> Task item: The answer must be the number of lines in the listing below that contain "Result", and nothing else.

> Available data:
::::::

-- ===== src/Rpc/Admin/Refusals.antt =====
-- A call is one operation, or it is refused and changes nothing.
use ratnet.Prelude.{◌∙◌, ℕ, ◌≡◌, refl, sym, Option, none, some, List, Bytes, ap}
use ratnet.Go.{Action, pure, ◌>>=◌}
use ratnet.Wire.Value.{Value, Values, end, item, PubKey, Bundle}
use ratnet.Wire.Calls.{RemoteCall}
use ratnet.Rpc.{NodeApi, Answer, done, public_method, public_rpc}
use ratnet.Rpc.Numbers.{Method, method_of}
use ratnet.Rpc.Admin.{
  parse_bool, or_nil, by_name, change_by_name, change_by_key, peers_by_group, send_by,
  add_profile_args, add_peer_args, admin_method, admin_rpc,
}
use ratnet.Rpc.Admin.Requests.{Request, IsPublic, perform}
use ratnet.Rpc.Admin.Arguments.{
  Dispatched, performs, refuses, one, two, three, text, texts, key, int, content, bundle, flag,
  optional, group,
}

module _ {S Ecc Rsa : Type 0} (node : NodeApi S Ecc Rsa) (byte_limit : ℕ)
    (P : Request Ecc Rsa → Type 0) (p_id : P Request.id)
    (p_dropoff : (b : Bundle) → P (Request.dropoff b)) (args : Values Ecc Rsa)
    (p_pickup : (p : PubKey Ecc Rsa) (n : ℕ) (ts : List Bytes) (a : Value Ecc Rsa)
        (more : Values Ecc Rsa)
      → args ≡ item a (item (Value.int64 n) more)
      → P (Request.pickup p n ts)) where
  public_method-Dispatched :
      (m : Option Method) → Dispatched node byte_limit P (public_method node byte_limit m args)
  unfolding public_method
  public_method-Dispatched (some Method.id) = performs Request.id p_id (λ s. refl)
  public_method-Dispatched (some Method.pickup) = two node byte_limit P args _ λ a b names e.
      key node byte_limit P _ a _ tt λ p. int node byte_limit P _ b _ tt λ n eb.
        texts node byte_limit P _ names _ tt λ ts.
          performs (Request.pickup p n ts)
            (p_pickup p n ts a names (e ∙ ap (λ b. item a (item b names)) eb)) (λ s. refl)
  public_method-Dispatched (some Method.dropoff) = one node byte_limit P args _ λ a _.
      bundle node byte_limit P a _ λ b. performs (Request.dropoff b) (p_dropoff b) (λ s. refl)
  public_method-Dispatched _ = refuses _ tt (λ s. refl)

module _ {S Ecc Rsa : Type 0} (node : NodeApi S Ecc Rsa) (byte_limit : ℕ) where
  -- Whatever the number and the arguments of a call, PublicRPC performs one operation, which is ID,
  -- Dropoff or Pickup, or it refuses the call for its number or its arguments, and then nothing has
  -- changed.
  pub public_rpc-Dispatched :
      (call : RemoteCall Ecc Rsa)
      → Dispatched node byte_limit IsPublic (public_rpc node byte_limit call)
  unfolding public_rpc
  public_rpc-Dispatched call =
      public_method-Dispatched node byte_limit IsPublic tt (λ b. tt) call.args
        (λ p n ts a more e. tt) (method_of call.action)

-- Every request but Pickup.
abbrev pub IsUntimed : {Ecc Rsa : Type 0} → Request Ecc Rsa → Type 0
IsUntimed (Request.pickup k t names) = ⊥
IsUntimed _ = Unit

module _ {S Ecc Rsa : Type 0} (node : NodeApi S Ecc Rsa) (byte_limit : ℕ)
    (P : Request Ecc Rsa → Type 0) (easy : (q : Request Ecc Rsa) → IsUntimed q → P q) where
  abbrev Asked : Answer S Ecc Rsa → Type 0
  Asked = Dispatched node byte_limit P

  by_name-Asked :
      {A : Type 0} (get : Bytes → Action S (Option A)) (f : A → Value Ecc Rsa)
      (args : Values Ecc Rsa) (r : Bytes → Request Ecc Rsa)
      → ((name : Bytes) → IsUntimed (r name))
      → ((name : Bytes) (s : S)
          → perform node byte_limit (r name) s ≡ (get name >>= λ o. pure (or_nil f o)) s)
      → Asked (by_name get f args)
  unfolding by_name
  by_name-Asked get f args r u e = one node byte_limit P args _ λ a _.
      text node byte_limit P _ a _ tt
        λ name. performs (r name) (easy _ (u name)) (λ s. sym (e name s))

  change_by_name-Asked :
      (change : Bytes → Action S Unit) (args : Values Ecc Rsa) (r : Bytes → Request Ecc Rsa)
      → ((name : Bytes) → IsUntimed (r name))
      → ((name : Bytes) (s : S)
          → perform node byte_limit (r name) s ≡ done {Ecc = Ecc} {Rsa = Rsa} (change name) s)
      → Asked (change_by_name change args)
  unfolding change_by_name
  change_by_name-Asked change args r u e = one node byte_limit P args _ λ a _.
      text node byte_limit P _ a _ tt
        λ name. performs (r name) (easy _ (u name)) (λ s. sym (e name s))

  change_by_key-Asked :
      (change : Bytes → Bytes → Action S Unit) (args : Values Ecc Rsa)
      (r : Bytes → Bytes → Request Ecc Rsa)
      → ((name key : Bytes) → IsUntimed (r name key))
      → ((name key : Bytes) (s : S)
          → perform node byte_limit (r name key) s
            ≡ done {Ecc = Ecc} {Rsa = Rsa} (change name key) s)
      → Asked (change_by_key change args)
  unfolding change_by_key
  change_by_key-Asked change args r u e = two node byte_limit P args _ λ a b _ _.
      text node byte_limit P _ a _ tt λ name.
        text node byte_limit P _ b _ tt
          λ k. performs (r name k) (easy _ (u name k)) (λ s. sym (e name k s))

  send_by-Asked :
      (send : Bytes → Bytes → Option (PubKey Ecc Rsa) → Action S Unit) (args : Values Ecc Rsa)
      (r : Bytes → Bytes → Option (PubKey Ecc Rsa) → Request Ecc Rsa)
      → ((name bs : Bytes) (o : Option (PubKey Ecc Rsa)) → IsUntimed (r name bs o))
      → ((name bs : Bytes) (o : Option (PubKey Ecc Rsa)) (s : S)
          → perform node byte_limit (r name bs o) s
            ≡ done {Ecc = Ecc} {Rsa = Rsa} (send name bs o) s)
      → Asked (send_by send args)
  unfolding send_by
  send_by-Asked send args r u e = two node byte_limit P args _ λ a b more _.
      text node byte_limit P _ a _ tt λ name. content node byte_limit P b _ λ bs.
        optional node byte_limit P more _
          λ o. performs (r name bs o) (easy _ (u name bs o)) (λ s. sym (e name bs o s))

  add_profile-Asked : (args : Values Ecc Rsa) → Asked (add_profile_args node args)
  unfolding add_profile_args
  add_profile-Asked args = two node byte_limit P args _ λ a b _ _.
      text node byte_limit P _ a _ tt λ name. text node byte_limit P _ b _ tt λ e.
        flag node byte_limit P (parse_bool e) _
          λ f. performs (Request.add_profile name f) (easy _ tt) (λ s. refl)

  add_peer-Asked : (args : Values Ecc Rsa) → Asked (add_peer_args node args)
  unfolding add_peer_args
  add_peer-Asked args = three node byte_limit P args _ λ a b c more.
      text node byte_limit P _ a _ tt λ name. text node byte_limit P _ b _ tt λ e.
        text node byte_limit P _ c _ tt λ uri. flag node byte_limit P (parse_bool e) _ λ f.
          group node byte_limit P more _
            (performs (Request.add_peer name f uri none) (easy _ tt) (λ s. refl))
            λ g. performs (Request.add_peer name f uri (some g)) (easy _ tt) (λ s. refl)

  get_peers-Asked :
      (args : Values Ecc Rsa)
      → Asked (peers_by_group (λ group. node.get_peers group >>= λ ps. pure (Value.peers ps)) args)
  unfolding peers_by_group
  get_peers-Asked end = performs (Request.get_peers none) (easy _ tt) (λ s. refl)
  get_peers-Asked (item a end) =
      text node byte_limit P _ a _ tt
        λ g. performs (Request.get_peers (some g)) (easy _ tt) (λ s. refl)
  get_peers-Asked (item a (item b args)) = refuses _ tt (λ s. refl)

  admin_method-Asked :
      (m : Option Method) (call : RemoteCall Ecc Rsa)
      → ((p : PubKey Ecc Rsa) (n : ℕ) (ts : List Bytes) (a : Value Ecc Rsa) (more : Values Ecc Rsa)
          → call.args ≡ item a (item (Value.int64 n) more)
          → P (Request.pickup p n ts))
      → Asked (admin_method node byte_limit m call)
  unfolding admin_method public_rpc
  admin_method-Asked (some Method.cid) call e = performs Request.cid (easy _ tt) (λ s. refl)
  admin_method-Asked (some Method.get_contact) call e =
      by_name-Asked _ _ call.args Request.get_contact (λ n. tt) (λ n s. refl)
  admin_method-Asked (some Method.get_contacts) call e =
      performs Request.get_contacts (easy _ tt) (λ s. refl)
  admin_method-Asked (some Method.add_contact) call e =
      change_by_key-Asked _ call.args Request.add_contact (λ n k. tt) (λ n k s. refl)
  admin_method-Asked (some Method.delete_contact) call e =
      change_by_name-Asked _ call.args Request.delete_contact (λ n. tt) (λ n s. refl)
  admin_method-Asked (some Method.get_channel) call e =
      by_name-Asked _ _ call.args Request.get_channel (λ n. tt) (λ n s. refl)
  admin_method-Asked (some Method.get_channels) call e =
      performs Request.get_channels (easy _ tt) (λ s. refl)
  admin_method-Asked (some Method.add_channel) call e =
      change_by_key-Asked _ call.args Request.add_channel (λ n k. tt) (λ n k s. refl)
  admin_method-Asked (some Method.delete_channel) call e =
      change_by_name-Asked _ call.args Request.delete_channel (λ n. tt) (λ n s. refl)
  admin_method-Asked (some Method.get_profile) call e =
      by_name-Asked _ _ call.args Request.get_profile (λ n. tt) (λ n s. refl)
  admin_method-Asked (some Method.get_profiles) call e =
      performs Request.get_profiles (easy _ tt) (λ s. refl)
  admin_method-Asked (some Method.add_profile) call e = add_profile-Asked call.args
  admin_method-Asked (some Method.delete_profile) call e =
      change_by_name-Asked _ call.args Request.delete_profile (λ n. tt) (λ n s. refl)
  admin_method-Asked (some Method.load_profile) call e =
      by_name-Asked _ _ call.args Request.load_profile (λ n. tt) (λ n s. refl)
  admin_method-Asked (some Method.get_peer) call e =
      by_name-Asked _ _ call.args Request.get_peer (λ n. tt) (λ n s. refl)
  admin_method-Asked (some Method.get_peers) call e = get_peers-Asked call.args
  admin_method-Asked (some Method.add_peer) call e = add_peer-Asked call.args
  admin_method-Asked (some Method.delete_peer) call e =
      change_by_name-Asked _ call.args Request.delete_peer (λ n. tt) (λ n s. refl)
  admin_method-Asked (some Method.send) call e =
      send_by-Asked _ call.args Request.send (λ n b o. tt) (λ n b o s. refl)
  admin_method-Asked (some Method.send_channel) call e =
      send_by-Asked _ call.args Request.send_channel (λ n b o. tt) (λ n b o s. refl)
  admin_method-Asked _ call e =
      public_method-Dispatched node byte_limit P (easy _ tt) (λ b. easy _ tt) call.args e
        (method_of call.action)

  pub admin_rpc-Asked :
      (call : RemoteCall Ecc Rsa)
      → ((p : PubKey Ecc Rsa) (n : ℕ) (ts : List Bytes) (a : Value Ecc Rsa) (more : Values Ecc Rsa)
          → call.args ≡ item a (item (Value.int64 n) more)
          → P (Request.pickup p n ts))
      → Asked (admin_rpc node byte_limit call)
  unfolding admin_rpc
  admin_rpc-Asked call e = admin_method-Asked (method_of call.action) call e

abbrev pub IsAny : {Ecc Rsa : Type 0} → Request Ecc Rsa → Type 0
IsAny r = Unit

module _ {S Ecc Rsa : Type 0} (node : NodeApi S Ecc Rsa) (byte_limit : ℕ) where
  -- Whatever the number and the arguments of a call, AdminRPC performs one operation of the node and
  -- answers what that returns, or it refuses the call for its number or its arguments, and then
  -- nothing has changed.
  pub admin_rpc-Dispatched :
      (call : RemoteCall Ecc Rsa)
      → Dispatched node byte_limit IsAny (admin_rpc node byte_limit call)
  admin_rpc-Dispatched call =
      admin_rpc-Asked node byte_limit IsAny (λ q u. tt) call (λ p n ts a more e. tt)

::::::

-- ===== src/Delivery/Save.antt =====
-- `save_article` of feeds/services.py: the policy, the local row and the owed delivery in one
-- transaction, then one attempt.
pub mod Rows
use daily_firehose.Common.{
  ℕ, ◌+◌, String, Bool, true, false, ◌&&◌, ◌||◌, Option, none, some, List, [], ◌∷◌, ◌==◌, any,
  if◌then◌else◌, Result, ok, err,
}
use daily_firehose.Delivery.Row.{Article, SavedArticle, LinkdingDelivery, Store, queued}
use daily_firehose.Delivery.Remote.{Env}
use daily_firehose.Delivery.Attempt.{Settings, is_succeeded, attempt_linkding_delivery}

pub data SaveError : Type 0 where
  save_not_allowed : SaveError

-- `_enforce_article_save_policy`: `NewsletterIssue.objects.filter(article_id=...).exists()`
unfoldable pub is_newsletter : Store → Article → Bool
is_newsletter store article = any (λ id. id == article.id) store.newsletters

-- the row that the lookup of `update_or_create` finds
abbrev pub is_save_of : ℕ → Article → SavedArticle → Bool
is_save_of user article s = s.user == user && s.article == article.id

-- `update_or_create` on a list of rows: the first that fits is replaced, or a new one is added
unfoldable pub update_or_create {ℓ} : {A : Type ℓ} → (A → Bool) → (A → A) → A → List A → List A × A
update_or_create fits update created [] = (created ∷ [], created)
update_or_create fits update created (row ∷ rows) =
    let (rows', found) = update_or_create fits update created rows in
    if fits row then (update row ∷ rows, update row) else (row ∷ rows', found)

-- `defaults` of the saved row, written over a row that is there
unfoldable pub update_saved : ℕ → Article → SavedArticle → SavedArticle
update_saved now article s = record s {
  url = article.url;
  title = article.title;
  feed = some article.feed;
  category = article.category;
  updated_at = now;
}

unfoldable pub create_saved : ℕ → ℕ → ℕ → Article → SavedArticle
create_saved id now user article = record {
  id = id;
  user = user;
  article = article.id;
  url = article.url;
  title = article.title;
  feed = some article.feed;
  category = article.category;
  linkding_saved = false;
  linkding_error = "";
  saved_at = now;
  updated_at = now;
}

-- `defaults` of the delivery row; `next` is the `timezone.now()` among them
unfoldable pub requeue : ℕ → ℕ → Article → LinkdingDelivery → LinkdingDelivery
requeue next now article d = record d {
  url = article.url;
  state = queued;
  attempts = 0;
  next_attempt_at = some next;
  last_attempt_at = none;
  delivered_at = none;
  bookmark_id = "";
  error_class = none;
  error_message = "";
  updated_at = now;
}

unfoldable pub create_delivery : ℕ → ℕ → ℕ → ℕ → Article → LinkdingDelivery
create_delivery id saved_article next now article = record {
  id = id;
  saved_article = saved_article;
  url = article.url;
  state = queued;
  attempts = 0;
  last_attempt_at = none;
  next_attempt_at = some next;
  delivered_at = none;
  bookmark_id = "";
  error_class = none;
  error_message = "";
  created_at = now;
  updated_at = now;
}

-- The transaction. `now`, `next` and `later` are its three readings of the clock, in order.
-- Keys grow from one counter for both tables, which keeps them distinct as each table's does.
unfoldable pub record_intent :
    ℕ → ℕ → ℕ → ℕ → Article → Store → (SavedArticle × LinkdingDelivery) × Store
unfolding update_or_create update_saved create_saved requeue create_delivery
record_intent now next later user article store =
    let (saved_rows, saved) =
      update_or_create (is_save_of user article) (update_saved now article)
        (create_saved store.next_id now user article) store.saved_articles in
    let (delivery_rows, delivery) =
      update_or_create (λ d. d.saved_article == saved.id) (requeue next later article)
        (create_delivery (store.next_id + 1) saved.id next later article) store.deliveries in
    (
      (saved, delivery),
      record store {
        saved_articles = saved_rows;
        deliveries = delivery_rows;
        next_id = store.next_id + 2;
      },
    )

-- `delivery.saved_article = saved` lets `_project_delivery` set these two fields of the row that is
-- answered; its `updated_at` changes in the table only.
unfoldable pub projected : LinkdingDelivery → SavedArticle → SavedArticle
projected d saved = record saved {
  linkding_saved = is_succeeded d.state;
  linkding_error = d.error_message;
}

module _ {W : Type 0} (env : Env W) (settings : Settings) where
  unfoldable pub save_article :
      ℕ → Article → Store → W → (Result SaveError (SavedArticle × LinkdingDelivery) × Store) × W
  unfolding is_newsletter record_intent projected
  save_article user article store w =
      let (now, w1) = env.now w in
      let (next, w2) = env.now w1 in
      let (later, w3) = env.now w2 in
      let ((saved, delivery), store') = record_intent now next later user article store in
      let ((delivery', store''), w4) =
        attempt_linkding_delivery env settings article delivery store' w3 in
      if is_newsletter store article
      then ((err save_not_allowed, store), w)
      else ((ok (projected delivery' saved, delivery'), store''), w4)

::::::

> Output of the exercise: 2